Information below:
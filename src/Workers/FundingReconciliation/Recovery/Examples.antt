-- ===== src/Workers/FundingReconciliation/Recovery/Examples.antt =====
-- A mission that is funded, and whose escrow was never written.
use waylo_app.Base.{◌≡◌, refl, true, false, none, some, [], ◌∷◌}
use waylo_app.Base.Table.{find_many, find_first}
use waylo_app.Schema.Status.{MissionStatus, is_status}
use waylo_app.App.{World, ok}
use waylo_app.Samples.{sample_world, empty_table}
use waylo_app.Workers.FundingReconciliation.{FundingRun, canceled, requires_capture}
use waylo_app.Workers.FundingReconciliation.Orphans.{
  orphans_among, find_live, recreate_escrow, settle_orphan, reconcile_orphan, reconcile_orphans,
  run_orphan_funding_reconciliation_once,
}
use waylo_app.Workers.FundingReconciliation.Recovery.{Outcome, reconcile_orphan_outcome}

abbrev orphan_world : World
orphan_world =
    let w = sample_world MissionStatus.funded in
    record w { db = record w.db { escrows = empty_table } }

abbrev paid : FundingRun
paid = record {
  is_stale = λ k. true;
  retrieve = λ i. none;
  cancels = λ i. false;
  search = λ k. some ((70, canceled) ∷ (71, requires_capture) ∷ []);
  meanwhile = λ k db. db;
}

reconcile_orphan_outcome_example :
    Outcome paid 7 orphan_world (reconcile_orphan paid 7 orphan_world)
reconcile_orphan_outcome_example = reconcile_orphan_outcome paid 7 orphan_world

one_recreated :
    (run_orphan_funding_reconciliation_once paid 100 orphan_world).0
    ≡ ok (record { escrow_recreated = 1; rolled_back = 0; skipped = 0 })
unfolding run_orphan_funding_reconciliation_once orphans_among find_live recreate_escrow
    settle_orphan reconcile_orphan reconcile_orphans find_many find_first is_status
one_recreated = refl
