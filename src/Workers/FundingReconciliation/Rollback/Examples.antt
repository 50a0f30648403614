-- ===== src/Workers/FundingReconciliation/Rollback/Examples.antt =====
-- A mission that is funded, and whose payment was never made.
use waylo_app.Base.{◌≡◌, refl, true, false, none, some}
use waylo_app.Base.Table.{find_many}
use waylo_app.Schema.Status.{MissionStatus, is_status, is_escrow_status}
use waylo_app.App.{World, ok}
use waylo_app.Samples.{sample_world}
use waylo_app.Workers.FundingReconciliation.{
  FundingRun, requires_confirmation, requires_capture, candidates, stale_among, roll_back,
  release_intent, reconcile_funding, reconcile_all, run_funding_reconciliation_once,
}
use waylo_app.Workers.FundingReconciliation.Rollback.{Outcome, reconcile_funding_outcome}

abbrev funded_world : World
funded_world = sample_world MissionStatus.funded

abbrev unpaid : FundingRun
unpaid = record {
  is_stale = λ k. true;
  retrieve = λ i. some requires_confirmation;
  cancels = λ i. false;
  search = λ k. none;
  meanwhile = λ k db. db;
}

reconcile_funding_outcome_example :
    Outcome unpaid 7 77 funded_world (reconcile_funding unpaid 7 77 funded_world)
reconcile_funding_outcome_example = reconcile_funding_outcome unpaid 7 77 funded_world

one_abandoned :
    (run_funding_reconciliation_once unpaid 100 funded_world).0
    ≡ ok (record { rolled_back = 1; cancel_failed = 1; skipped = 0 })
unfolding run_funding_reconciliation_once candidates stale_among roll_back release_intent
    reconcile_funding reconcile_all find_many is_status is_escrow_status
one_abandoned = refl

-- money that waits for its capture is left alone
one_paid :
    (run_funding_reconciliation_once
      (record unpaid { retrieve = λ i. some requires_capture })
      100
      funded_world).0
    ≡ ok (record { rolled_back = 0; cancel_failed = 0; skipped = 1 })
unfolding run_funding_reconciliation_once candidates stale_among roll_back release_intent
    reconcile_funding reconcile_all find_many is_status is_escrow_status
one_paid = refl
End of Information.
What is being asked -> All of the data above is to be transcribed without alteration.

Response area ->
filename src/Workers/FundingReconciliation/Recovery/Examples.antt
-- ===== src/Workers/FundingReconciliation/Recovery/Examples.antt =====
-- A mission that is funded, and whose escrow was never written.
use waylo_app.Base.{◌≡◌, refl, true, false, none, some, [], ◌∷◌}
use waylo_app.Base.Table.{find_many, find_first}
use waylo_app.Schema.Status.{MissionStatus, is_status}
use waylo_app.App.{World, ok}
use waylo_app.Samples.{sample_world, empty_table}
use waylo_app.Workers.FundingReconciliation.{FundingRun, canceled, requires_capture}
use waylo_app.Workers.FundingReconciliation.Orphans.{
  orphans_among, find_live, recreate_escrow, settle_orphan, reconcile_orphan, reconcile_orphans,
  run_orphan_funding_reconciliation_once,
}
use waylo_app.Workers.FundingReconciliation.Recovery.{Outcome, reconcile_orphan_outcome}

abbrev orphan_world : World
orphan_world =
    let w = sample_world MissionStatus.funded in
    record w { db = record w.db { escrows = empty_table } }

abbrev paid : FundingRun
paid = record {
  is_stale = λ k. true;
  retrieve = λ i. none;
  cancels = λ i. false;
  search = λ k. some ((70, canceled) ∷ (71, requires_capture) ∷ []);
  meanwhile = λ k db. db;
}

reconcile_orphan_outcome_example :
    Outcome paid 7 orphan_world (reconcile_orphan paid 7 orphan_world)
reconcile_orphan_outcome_example = reconcile_orphan_outcome paid 7 orphan_world

one_recreated :
    (run_orphan_funding_reconciliation_once paid 100 orphan_world).0
    ≡ ok (record { escrow_recreated = 1; rolled_back = 0; skipped = 0 })
unfolding run_orphan_funding_reconciliation_once orphans_among find_live recreate_escrow
    settle_orphan reconcile_orphan reconcile_orphans find_many find_first is_status
one_recreated = refl
filename src/Workers/FundingReconciliation/Rollback/Examples.antt
repository 50a0f30648403614
-- ===== src/Workers/FundingReconciliation/Rollback/Examples.antt =====
-- A mission that is funded, and whose payment was never made.
use waylo_app.Base.{◌≡◌, refl, true, false, none, some}
use waylo_app.Base.Table.{find_many}
use waylo_app.Schema.Status.{MissionStatus, is_status, is_escrow_status}
use waylo_app.App.{World, ok}
use waylo_app.Samples.{sample_world}
use waylo_app.Workers.FundingReconciliation.{
  FundingRun, requires_confirmation, requires_capture, candidates, stale_among, roll_back,
  release_intent, reconcile_funding, reconcile_all, run_funding_reconciliation_once,
}
use waylo_app.Workers.FundingReconciliation.Rollback.{Outcome, reconcile_funding_outcome}

abbrev funded_world : World
funded_world = sample_world MissionStatus.funded

abbrev unpaid : FundingRun
unpaid = record {
  is_stale = λ k. true;
  retrieve = λ i. some requires_confirmation;
  cancels = λ i. false;
  search = λ k. none;
  meanwhile = λ k db. db;
}

reconcile_funding_outcome_example :
    Outcome unpaid 7 77 funded_world (reconcile_funding unpaid 7 77 funded_world)
reconcile_funding_outcome_example = reconcile_funding_outcome unpaid 7 77 funded_world

one_abandoned :
    (run_funding_reconciliation_once unpaid 100 funded_world).0
    ≡ ok (record { rolled_back = 1; cancel_failed = 1; skipped = 0 })
unfolding run_funding_reconciliation_once candidates stale_among roll_back release_intent
    reconcile_funding reconcile_all find_many is_status is_escrow_status
one_abandoned = refl

-- money that waits for its capture is left alone
one_paid :
    (run_funding_reconciliation_once
      (record unpaid { retrieve = λ i. some requires_capture })
      100
      funded_world).0
    ≡ ok (record { rolled_back = 0; cancel_failed = 0; skipped = 1 })
unfolding run_funding_reconciliation_once candidates stale_among roll_back release_intent
    reconcile_funding reconcile_all find_many is_status is_escrow_status
one_paid = refl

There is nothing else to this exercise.